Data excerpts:
= Beginning of Section =
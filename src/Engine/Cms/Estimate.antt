-- ===== src/Engine/Cms/Estimate.antt =====
-- The estimate lies between the entity's own packets and all packets of the tick.
use aerocast.Prelude.{
  ℕ, zero, suc, ◌+◌, ◌^◌, ◌≤◌, ◌<◌, ◌≡◌, refl, List, [], ◌∷◌, length, ltb, leb, ◌==◌, if◌then◌else◌,
  arith,
}
use aerocast.Prelude.Count.{count}
use aerocast.Engine.Cms.{CountMinSketch, column, bump, rows_loop, add_and_estimate, add_all, reset}

-- How many of these entities fall in column j of row i.
hits : ℕ → ℕ → List ℕ → ℕ
hits i j [] = 0
hits i j (id ∷ ids) = (if column i id == j then 1 else 0) + hits i j ids

hits-le-length : (i j : ℕ) (ids : List ℕ) → hits i j ids ≤ length ids
unfolding hits
hits-le-length i j [] = omega arith
hits-le-length i j (id ∷ ids) = ground (arith, hits-le-length i j ids)

count-le-hits : (i id : ℕ) (ids : List ℕ) → count id ids ≤ hits i (column i id) ids
unfolding hits count
count-le-hits i id [] = omega arith
count-le-hits i id (x ∷ ids) = ground (arith, count-le-hits i id ids)

-- The rows below 4 count the packets.
abbrev Counts : CountMinSketch → List ℕ → Type 0
Counts c ids = (i j : ℕ) → i < 4 → c i j ≡ hits i j ids

bump_lem :
    (c : CountMinSketch) (i id k j : ℕ)
    → c i (column i id) + 1 < 2 ^ 32
    → bump c i id k j ≡ (if i == k then (if column i id == j then 1 else 0) + c k j else c k j)
unfolding bump
bump_lem c i id k j h = ground arith

-- No counter of this entity from row i on is at its limit.
abbrev Small : ℕ → CountMinSketch → ℕ → Type 0
Small i c id = (k : ℕ) → i ≤ k → k < 4 → c k (column k id) + 1 < 2 ^ 32

bump-Small :
    (i : ℕ) (c : CountMinSketch) (id : ℕ) → i < 4 → Small i c id → Small (i + 1) (bump c i id) id
bump-Small i c id hi small k h lt =
    ground
      (arith, bump_lem c i id k (column k id) (small i (omega arith) hi), small k (omega arith) lt)

-- The minimum so far, after row i.
abbrev lower : CountMinSketch → ℕ → ℕ → ℕ → ℕ
lower c i id m = if ltb (bump c i id i (column i id)) m then bump c i id i (column i id) else m

-- Each row from i on is bumped once.
rows_loop_table :
    (n i : ℕ) (c : CountMinSketch) (id m : ℕ)
    → i + n ≡ 4
    → Small i c id
    → (k j : ℕ) → k < 4
    → (rows_loop n i c id m).0 k j
      ≡ (if leb i k then (if column k id == j then 1 else 0) + c k j else c k j)
unfolding rows_loop
rows_loop_table zero i c id m e small k j lt = ground arith
rows_loop_table (suc n) i c id m e small k j lt = ground (
  arith,
  bump_lem c i id k j (small i (omega arith) (omega arith)),
  rows_loop_table n (i + 1) (bump c i id) id (lower c i id m) (omega arith)
      (bump-Small i c id (omega arith) small) k j lt,
)

-- The minimum is no more than what it was, and than the first counter met.
rows_loop_upper : (n i : ℕ) (c : CountMinSketch) (id m : ℕ) → (rows_loop n i c id m).1 ≤ m
unfolding rows_loop
rows_loop_upper zero i c id m = omega arith
rows_loop_upper (suc n) i c id m =
    ground (arith, rows_loop_upper n (i + 1) (bump c i id) id (lower c i id m))

rows_loop_first :
    (n : ℕ) (c : CountMinSketch) (id m : ℕ)
    → Small 0 c id
    → (rows_loop (suc n) 0 c id m).1 ≤ c 0 (column 0 id) + 1
unfolding rows_loop
rows_loop_first n c id m small = ground (
  arith,
  bump_lem c 0 id 0 (column 0 id) (small 0 (omega arith) (omega arith)),
  rows_loop_upper n 1 (bump c 0 id) id (lower c 0 id m),
)

-- A bound below every counter met is below the minimum.
rows_loop_lower :
    (n i : ℕ) (c : CountMinSketch) (id m bound : ℕ)
    → i + n ≡ 4
    → Small i c id
    → bound ≤ m
    → ((k : ℕ) → i ≤ k → k < 4 → bound ≤ c k (column k id) + 1)
    → bound ≤ (rows_loop n i c id m).1
unfolding rows_loop
rows_loop_lower zero i c id m bound e small h below = h
rows_loop_lower (suc n) i c id m bound e small h below =
    rows_loop_lower n (i + 1) (bump c i id) id (lower c i id m) bound (omega arith)
      (bump-Small i c id (omega arith) small)
      (ground (arith, first, below i (omega arith) (omega arith)))
      (λ k hk lt. ground (
        arith,
        bump_lem c i id k (column k id) (small i (omega arith) (omega arith)),
        below k (omega arith) lt,
      ))
  where
    first : bump c i id i (column i id) ≡ c i (column i id) + 1
    first = ground (arith, bump_lem c i id i (column i id) (small i (omega arith) (omega arith)))

Counts-Small :
    (c : CountMinSketch) (ids : List ℕ) (id : ℕ)
    → Counts c ids
    → length ids + 1 < 2 ^ 32
    → Small 0 c id
Counts-Small c ids id h lt k hk k4 =
    omega (arith, h k (column k id) k4, hits-le-length k (column k id) ids)

add-Counts :
    (c : CountMinSketch) (ids : List ℕ) (id : ℕ)
    → Counts c ids
    → length ids + 1 < 2 ^ 32
    → Counts (add_and_estimate c id).0 (id ∷ ids)
unfolding add_and_estimate hits
add-Counts c ids id h lt i j i4 =
    ground (
      arith,
      rows_loop_table 4 0 c id 0xffff_ffff refl (Counts-Small c ids id h lt) i j i4,
      h i j i4,
    )

-- With a table that counts the packets of `ids`, the next estimate of an entity is at least its own
-- packets, this one included, and at most all packets.
estimate_bounds :
    (c : CountMinSketch) (ids : List ℕ) (id : ℕ)
    → Counts c ids
    → length ids + 1 < 2 ^ 32
    → (count id ids + 1 ≤ (add_and_estimate c id).1) × ((add_and_estimate c id).1 ≤ length ids + 1)
unfolding add_and_estimate
estimate_bounds c ids id h lt = (
  rows_loop_lower 4 0 c id 0xffff_ffff (count id ids + 1) refl small
      (omega (arith, count-le-hits 0 id ids, hits-le-length 0 (column 0 id) ids))
      (λ k hk k4. omega (arith, h k (column k id) k4, count-le-hits k id ids)),
  omega (
    arith,
    rows_loop_first 3 c id 0xffff_ffff small,
    h 0 (column 0 id) (omega arith),
    hits-le-length 0 (column 0 id) ids,
  ),
)
  where
    small : Small 0 c id
    small = Counts-Small c ids id h lt

-- The packets so far, newest first.
rev_onto : List ℕ → List ℕ → List ℕ
rev_onto [] seen = seen
rev_onto (id ∷ ids) seen = rev_onto ids (id ∷ seen)

length-rev_onto : (ids seen : List ℕ) → length (rev_onto ids seen) ≡ length ids + length seen
unfolding rev_onto
length-rev_onto [] seen = omega arith
length-rev_onto (id ∷ ids) seen = omega (arith, length-rev_onto ids (id ∷ seen))

count-rev_onto :
    (k : ℕ) (ids seen : List ℕ) → count k (rev_onto ids seen) ≡ count k ids + count k seen
unfolding rev_onto count
count-rev_onto k [] seen = omega arith
count-rev_onto k (id ∷ ids) seen = omega (arith, count-rev_onto k ids (id ∷ seen))

add_all-Counts :
    (ids : List ℕ) (c : CountMinSketch) (seen : List ℕ)
    → Counts c seen
    → length ids + length seen < 2 ^ 32
    → Counts (add_all c ids) (rev_onto ids seen)
unfolding add_all rev_onto
add_all-Counts [] c seen h lt = h
add_all-Counts (id ∷ ids) c seen h lt =
    add_all-Counts ids (add_and_estimate c id).0 (id ∷ seen) (add-Counts c seen id h (omega arith))
      (omega arith)

-- After a reset and any packets of the tick, fewer than 2 ^ 32 - 1, the sketch's estimate for the next
-- packet is at least the number of packets of that packet's entity, this one included, and at most
-- the number of all packets: it never underestimates.
pub estimate-reset_bounds :
    (c : CountMinSketch) (ids : List ℕ) (id : ℕ)
    → length ids + 1 < 2 ^ 32
    → (count id ids + 1 ≤ (add_and_estimate (add_all (reset c) ids) id).1)
      × ((add_and_estimate (add_all (reset c) ids) id).1 ≤ length ids + 1)
estimate-reset_bounds c ids id lt =
    let (low, high) =
      estimate_bounds (add_all (reset c) ids) (rev_onto ids []) id
        (add_all-Counts ids (reset c) [] (λ i j h. unfold reset hits in refl) (omega arith))
        (omega (arith, length-rev_onto ids [])) in
    (
      omega (arith, low, count-rev_onto id ids [], none_yet),
      omega (arith, high, length-rev_onto ids []),
    )
  where
    none_yet : count id [] ≡ 0
    none_yet = unfold count in refl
= End of Section =
## ASSIGNMENT:
Could you copy every line from the records that has "antt" in it?

## THE COMPLETED TASK:
filename src/Engine/Cms/Estimate.antt
-- ===== src/Engine/Cms/Estimate.antt =====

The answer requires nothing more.